WHAT YOU NEED TO DO:
Which lines in the data contain the word "handler"? Please copy each of them.

------------------------------------------------

-- ===== src/Jobs.antt =====
-- The durable job queue (app/models/background_job.py and `JobProcessor` with `enqueue_job` of
-- app/modules/governance/domain/jobs/processor.py). The table of jobs is a list. What a handler does
-- is given by how it ends; the database is taken to accept every commit.
use cloud_sentinel_ai.Base.{
  ℕ, ◌+◌, ◌-◌, ◌*◌, ◌^◌, Instant, seconds, Bool, true, false, Option, none, some, List, [], ◌∷◌,
  ◌&&◌, ◌||◌, ◌==◌, leb, ltb, not, if◌then◌else◌, keep, take,
}
use cloud_sentinel_ai.Events.{PaymentEvent}
use cloud_sentinel_ai.Base.Int.{ℤ, pos, ltb_ℤ, leb_ℤ}
use cloud_sentinel_ai.Base.Order.{order_by}
use cloud_sentinel_ai.Base.Text.{Text, codes}
pub mod Queue
pub mod Rows
pub mod Retry
mod Samples

pub data JobStatus : Type 0 where
  pending running completed failed dead_letter : JobStatus

pub data JobType : Type 0 where
  finops_analysis zombie_scan remediation webhook_retry report_generation notification : JobType
  cost_ingestion recurring_billing zombie_analysis cost_forecast cost_export : JobType
  cost_aggregation dunning : JobType

-- A number for each job type's value, which is a text that is only compared.
abbrev pub value_of : JobType → ℕ
value_of finops_analysis = 0
value_of zombie_scan = 1
value_of JobType.remediation = 2
value_of webhook_retry = 3
value_of report_generation = 4
value_of notification = 5
value_of cost_ingestion = 6
value_of recurring_billing = 7
value_of zombie_analysis = 8
value_of cost_forecast = 9
value_of cost_export = 10
value_of cost_aggregation = 11
value_of JobType.dunning = 12

-- The payload of a webhook's job.
pub record Webhook : Type 0 where
  pub provider : Text
  pub event_type : Text
  pub payload : PaymentEvent
  pub idempotency_key : ℕ
  pub reference : Text

-- The payloads that the modelled services write.
pub data Payload : Type 0 where
  request_of : ℕ → Payload
  subscription_attempt : ℕ → ℕ → Payload
  subscription_of : ℕ → Payload
  connection_of : ℕ → ℕ → Payload
  webhook_of : Webhook → Payload

-- `<tenant>:<job type>:<bucket>`; neither an identifier nor a type's value has a colon.
pub record DeduplicationKey : Type 0 where
  pub tenant : ℕ
  pub type_value : ℕ
  pub bucket : ℕ

pub record BackgroundJob : Type 0 where
  pub id : ℕ
  pub job_type : JobType
  pub tenant_id : Option ℕ
  pub deduplication_key : Option DeduplicationKey
  pub status : JobStatus
  pub payload : Option Payload
  pub result : Option Text
  pub attempts : ℕ
  pub max_attempts : ℕ
  pub priority : ℤ
  pub scheduled_for : Instant
  pub started_at : Option Instant
  pub completed_at : Option Instant
  pub error_message : Option Text
  pub created_at : Instant
  pub is_deleted : Bool

abbrev pub max_jobs_per_batch : ℕ
max_jobs_per_batch = 10

abbrev pub backoff_base_seconds : ℕ
backoff_base_seconds = 60

abbrev pub is_pending : JobStatus → Bool
is_pending pending = true
is_pending _ = false

-- The condition of `_fetch_pending_jobs`.
unfoldable pub is_due : Instant → BackgroundJob → Bool
is_due now j =
    is_pending j.status
    && leb j.scheduled_for now
    && ltb j.attempts j.max_attempts
    && not j.is_deleted

-- `order_by(priority.desc(), scheduled_for)`
abbrev pub ahead : BackgroundJob → BackgroundJob → Bool
ahead i j =
    if ltb_ℤ j.priority i.priority
    then true
    else if ltb_ℤ i.priority j.priority
    then false
    else ltb i.scheduled_for j.scheduled_for

-- A due job that no other transaction has locked.
abbrev pub is_free : Instant → (ℕ → Bool) → BackgroundJob → Bool
is_free now locked j = is_due now j && not (locked j.id)

-- `_fetch_pending_jobs`; `locked` are the rows that `SKIP LOCKED` passes over.
unfoldable pub fetch_pending_jobs :
    Instant → (ℕ → Bool) → ℕ → List BackgroundJob → List BackgroundJob
fetch_pending_jobs now locked limit jobs =
    take limit (order_by ahead (keep (is_free now locked) jobs))

-- How the handler's part of a job ends.
pub data Ending : Type 0 where
  finished : Text → Ending
  timed_out cancelled : Ending
  raised : Text → Ending

-- Marking a job as running.
unfoldable pub start_job : Instant → BackgroundJob → BackgroundJob
start_job now j = record j { status = running; started_at = some now; attempts = j.attempts + 1 }

-- After a timeout or an exception: the dead letter, or another attempt after an exponential delay.
unfoldable pub retry_or_bury : Instant → Text → BackgroundJob → BackgroundJob
retry_or_bury now message j =
    if leb j.max_attempts j.attempts
    then record j { error_message = some message; status = dead_letter; completed_at = some now }
    else record j {
      error_message = some message;
      status = pending;
      scheduled_for = now + seconds (backoff_base_seconds * 2 ^ (j.attempts - 1));
    }

unfoldable pub end_job : Instant → Ending → BackgroundJob → BackgroundJob
end_job now (finished result) j = record j {
  status = completed;
  completed_at = some now;
  result = some result;
  error_message = none;
}
end_job now timed_out j = retry_or_bury now (codes "Job timed out after 300s") j
end_job now cancelled j = record j {
  error_message = some (codes "Job was cancelled");
  status = pending;
  scheduled_for = now + seconds 60;
}
end_job now (raised error) j = retry_or_bury now error j

-- `_process_single_job`, started and ended at two readings of the clock.
unfoldable pub process_single_job : Instant → Instant → Ending → BackgroundJob → BackgroundJob
process_single_job start end ending j = end_job end ending (start_job start j)

abbrev pub save : BackgroundJob → List BackgroundJob → List BackgroundJob
save j [] = []
save j (x ∷ rest) = if x.id == j.id then j ∷ rest else x ∷ save j rest

-- The transactions of `_process_single_job` on the row with an identifier: the one that starts a
-- due job, and the one that ends a running job.
unfoldable pub start_due : Instant → BackgroundJob → BackgroundJob
unfolding is_due start_job
start_due now j = if is_due now j then start_job now j else j

abbrev pub is_running : JobStatus → Bool
is_running running = true
is_running _ = false

unfoldable pub end_running : Instant → Ending → BackgroundJob → BackgroundJob
unfolding end_job
end_running now ending j = if is_running j.status then end_job now ending j else j

abbrev pub on_row : (BackgroundJob → BackgroundJob) → ℕ → BackgroundJob → BackgroundJob
on_row f id j = if j.id == id then f j else j

-- The counters of a batch.
pub record Results : Type 0 where
  pub processed : ℕ
  pub succeeded : ℕ
  pub failed : ℕ

-- How the environment treats a job of the batch.
pub record Treatment : Type 0 where
  pub start : Instant
  pub end : Instant
  pub ending : Ending

-- The loop of `process_pending_jobs`: `_process_single_job` catches what its handler raises, so the
-- branches that count a failure are not reached.
unfoldable pub process_batch :
    (ℕ → Treatment)
    → List BackgroundJob
    → Results
    → List BackgroundJob
    → Results × List BackgroundJob
process_batch treat [] r jobs = (r, jobs)
process_batch treat (j ∷ js) r jobs =
    let t = treat j.id in
    process_batch treat js (record r { processed = r.processed + 1; succeeded = r.succeeded + 1 })
      (save (process_single_job t.start t.end t.ending j) jobs)

-- `limit or MAX_JOBS_PER_BATCH`
abbrev pub limit_or_default : Option ℕ → ℕ
limit_or_default none = max_jobs_per_batch
limit_or_default (some n) = if n == 0 then max_jobs_per_batch else n

unfoldable pub process_pending_jobs :
    Instant
    → (ℕ → Bool)
    → (ℕ → Treatment)
    → Option ℕ
    → List BackgroundJob
    → Results × List BackgroundJob
process_pending_jobs now locked treat limit jobs =
    process_batch treat (fetch_pending_jobs now locked (limit_or_default limit) jobs)
      (record { processed = 0; succeeded = 0; failed = 0 }) jobs

abbrev pub or_now : Option Instant → Instant → Instant
or_now none now = now
or_now (some t) _ = t

unfoldable pub new_job :
    ℕ → Instant → JobType → Option ℕ → Option Payload → Option Instant → ℕ → BackgroundJob
new_job id now type tenant payload at max = record {
  id = id;
  job_type = type;
  tenant_id = tenant;
  deduplication_key = none;
  status = pending;
  payload = payload;
  result = none;
  attempts = 0;
  max_attempts = max;
  priority = pos 0;
  scheduled_for = or_now at now;
  started_at = none;
  completed_at = none;
  error_message = none;
  created_at = now;
  is_deleted = false;
}

-- `enqueue_job`, with the identifier that the database gives.
unfoldable pub enqueue_job :
    ℕ
    → Instant
    → JobType
    → Option ℕ
    → Option Payload
    → Option Instant
    → ℕ
    → List BackgroundJob
    → BackgroundJob × List BackgroundJob
unfolding new_job
enqueue_job id now type tenant payload at max jobs =
    let j = new_job id now type tenant payload at max in (j, j ∷ jobs)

------------------------------------------------

RESPONSE:
-- app/modules/governance/domain/jobs/processor.py). The table of jobs is a list. What a handler does
-- How the handler's part of a job ends.
-- The loop of `process_pending_jobs`: `_process_single_job` catches what its handler raises, so the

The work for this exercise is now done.